Archaeogaia Temporal range: Early-Middle Paleocene (Tiupampan-Peligran) ~62–60 Ma PreꞒ Ꞓ O S D C P T J K Pg N ↓

Scientific classification
- Kingdom: Animalia
- Phylum: Chordata
- Class: Mammalia
- Order: †Notoungulata
- Genus: †Archaeogaia Zimicz et al, 2020
- Type species: Archaeogaia macachaae Zimicz et al, 2020

= Archaeogaia =

Extinct genus of notoungulates

Archaeogaia is an extinct genus of notoungulates that lived during the Early and Middle Paleocene of what is now Argentina.
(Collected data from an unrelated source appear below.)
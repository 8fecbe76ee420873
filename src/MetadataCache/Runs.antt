-- ===== src/MetadataCache/Runs.antt =====
-- internal/service/metadata_cache.go: any sequence of calls, the goroutines' and the cleanup's among
-- them.
use chat2sql.Prelude.{ℕ, ◌+◌, ◌≡◌, List, [], ◌∷◌, Bytes, Distinct, number_key, text_key, Unicode}
use chat2sql.MetadataCache.Patterns.{Iteration, get_query_pattern}
use chat2sql.MetadataCache.Schemas.{get_connection_schemas}
use chat2sql.MetadataCache.State.{MetadataCache, CacheStatistics, SchemaRepository, stop, start}
use chat2sql.MetadataCache.Tables.{get_table_summary, prefetch_related_tables}
use chat2sql.MetadataCache.Prewarm.{prewarm_cache}
use chat2sql.MetadataCache.Upkeep.{invalidate_connection, perform_cleanup}

-- `related` is a goroutine of `prefetchRelatedTables`; what it starts are further calls for tables.
pub data Call : Type 0 where
  schemas invalidates : ℕ → Call
  table related : ℕ → Bytes → Bytes → Call
  pattern : ℕ → Bytes → Call
  prewarms : ℕ → Call
  cleans starts stops : Call

-- The repository's answers and the clock at the time of a call.
pub record Moment : Type 0 where
  pub repo : SchemaRepository
  pub now : ℕ

module _ (u : Unicode) (iterate : Iteration) where
  unfoldable pub step : MetadataCache → Moment → Call → MetadataCache
  step mc m (schemas id) = (get_connection_schemas m.repo m.now id mc).0
  step mc m (invalidates id) = invalidate_connection id mc
  step mc m (table id schema name) = (get_table_summary m.repo m.now id schema name mc).0
  step mc m (related id schema name) = (prefetch_related_tables m.repo id schema name mc).0
  step mc m (pattern id text) = (get_query_pattern u iterate m.now id text mc).0
  step mc m cleans = perform_cleanup m.now mc
  step mc m (prewarms id) = (prewarm_cache m.repo m.now id mc).0
  step mc m starts = (start mc).0
  step mc m stops = stop mc

  unfoldable pub run : MetadataCache → List (Moment × Call) → MetadataCache
  unfolding step
  run mc [] = mc
  run mc ((m, c) ∷ calls) = run (step mc m c) calls

-- Every counted query is a hit or a miss, of a schema or of a table. Queries for patterns are not
-- counted among them.
abbrev pub IsCounted : CacheStatistics → Type 0
IsCounted s = s.total_queries ≡ s.schema_hits + s.schema_misses + s.table_hits + s.table_misses

pub record Inv (mc : MetadataCache) : Type 0 where
  pub counted : IsCounted mc.stats
  pub distinct_schemas : Distinct mc.connection_schemas
  pub distinct_tables : Distinct mc.table_summaries
  pub distinct_patterns : Distinct mc.query_patterns
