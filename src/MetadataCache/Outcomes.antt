-- ===== src/MetadataCache/Outcomes.antt =====
-- internal/service/metadata_cache.go: the ways that a call of `GetConnectionSchemas`,
-- `GetTableSummary` and `GetQueryPattern` ends.
use chat2sql.Prelude.{
  ℕ, List, [], ◌∷◌, Bytes, number_key, text_key, Option-cases, inl, inr, Unicode,
}
use chat2sql.MetadataCache.Patterns.{
  Iteration, get_query_pattern, fresh_pattern, pattern_hit, pattern_miss,
}
use chat2sql.MetadataCache.Schemas
use chat2sql.MetadataCache.Tables
use chat2sql.MetadataCache.Schemas.{
  schema_missed, get_connection_schemas, fresh_schema, schema_hit, load_schemas, store_schemas,
}
use chat2sql.MetadataCache.State.{
  MetadataCache, SchemaRepository, CachedTableSummary, CachedConnectionSchema, CachedQueryPattern,
  table_key, pattern_key,
}
use chat2sql.MetadataCache.Tables.{
  table_missed, get_table_summary, fresh_table, table_hit, load_table, store_rows, store_table,
  prefetch_related_tables,
}

module _ (P : MetadataCache → Type 0) (repo : SchemaRepository) (now id : ℕ)
    (mc : MetadataCache) where
  -- The three ways that a call for the schemas ends.
  pub schemas_cases :
      ((cached : CachedConnectionSchema) → P (schema_hit (Schemas.count_query mc) id cached))
      → P (schema_missed (Schemas.count_query mc))
      → ((xs : List Bytes)
          → P (store_schemas repo now id xs (schema_missed (Schemas.count_query mc))))
      → P (get_connection_schemas repo now id mc).0
  unfolding get_connection_schemas load_schemas
  schemas_cases hit failed loaded = elim (Option-cases (fresh_schema mc now id)) [
    | inr (cached, e) ↦ rw (e, get_connection_schemas) (hit cached)
    | inl e ↦ elim (Option-cases (repo.list_schemas id)) [
      | inl f ↦ rw (e, get_connection_schemas, f, load_schemas) failed
      | inr (xs, f) ↦ rw (e, get_connection_schemas, f, load_schemas) (loaded xs)
    ]
  ]

module _ (P : MetadataCache → Type 0) (repo : SchemaRepository) (now id : ℕ) (schema name : Bytes)
    (mc : MetadataCache) where
  -- The four ways that a call for a table ends.
  pub table_cases :
      ((cached : CachedTableSummary)
        → P (table_hit (Tables.count_query mc) (table_key id schema name) cached))
      → P (table_missed (Tables.count_query mc))
      → ((entry : CachedTableSummary)
          → P (store_table (table_missed (Tables.count_query mc)) entry))
      → P (get_table_summary repo now id schema name mc).0
  unfolding get_table_summary load_table store_rows
  table_cases hit failed loaded =
      elim (Option-cases (fresh_table mc now (table_key id schema name))) [
        | inr (cached, e) ↦ rw (e, get_table_summary) (hit cached)
        | inl e ↦ elim (Option-cases (repo.get_table_structure id schema name)) [
          | inl f ↦ rw (e, get_table_summary, f, load_table) failed
          | inr ([], f) ↦ rw (e, get_table_summary, f, load_table) failed
          | inr (row ∷ rows, f) ↦ rw (e, get_table_summary, f, load_table) (loaded _)
        ]
      ]

module _ (P : MetadataCache → Type 0) (u : Unicode) (iterate : Iteration) (now id : ℕ)
    (text : Bytes) (mc : MetadataCache) where
  -- The two ways that a call for a pattern ends.
  pub pattern_cases :
      ((cached : CachedQueryPattern) → P (pattern_hit mc (pattern_key id text) cached).0)
      → P (pattern_miss u iterate now id text mc).0
      → P (get_query_pattern u iterate now id text mc).0
  unfolding get_query_pattern
  pattern_cases hit missed = elim (Option-cases (fresh_pattern mc now (pattern_key id text))) [
    | inr (cached, e) ↦ rw (e, get_query_pattern) (hit cached)
    | inl e ↦ rw (e, get_query_pattern) missed
  ]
It is one of the oldest known unequivocal notoungulates.

==Description==

This animal is only known from a fragmentary left mandible preserving three molars. Archaeogaia was characterized by a first molar slightly shorter than the second, both being larger than the third, all of them being low-crowned (brachydont); a talonid shorter than the trigonid, a metaconid distally positioned and taller than the protoconid, a reduced paraconid on the second molar, a straight metalophid on the second and third molar (running mesially to form an obtuse angle in the labial margin on the second molar, and more traversally on the third), a transversal entoloph, a mesial cingulid extending from the medial area to the lingual area on the molars, and a distal cingulid connected with the hypoconulid with the mesial surface of the entoconid on the second and third molars.
==Classification==

Archaeogaia macachaae was first described in 2020, based on a single fossil from the Mealla Formation, in the Salta Province of Argentina.
Due to the presence of a transversal entolophid and to features of the protolophid, metalophid and hypolophid, Archaeogaia is considered a member of the Notoungulata. It is however unclear which phylogenetic position it occupied within the group, due to the extreme fragmentation and to the plesiomorphic characteristics of the holotype fossil. Archaeogaia is considered to be the oldest known notoungulate, perhaps along the better known Henricosborniidae Simpsonotus.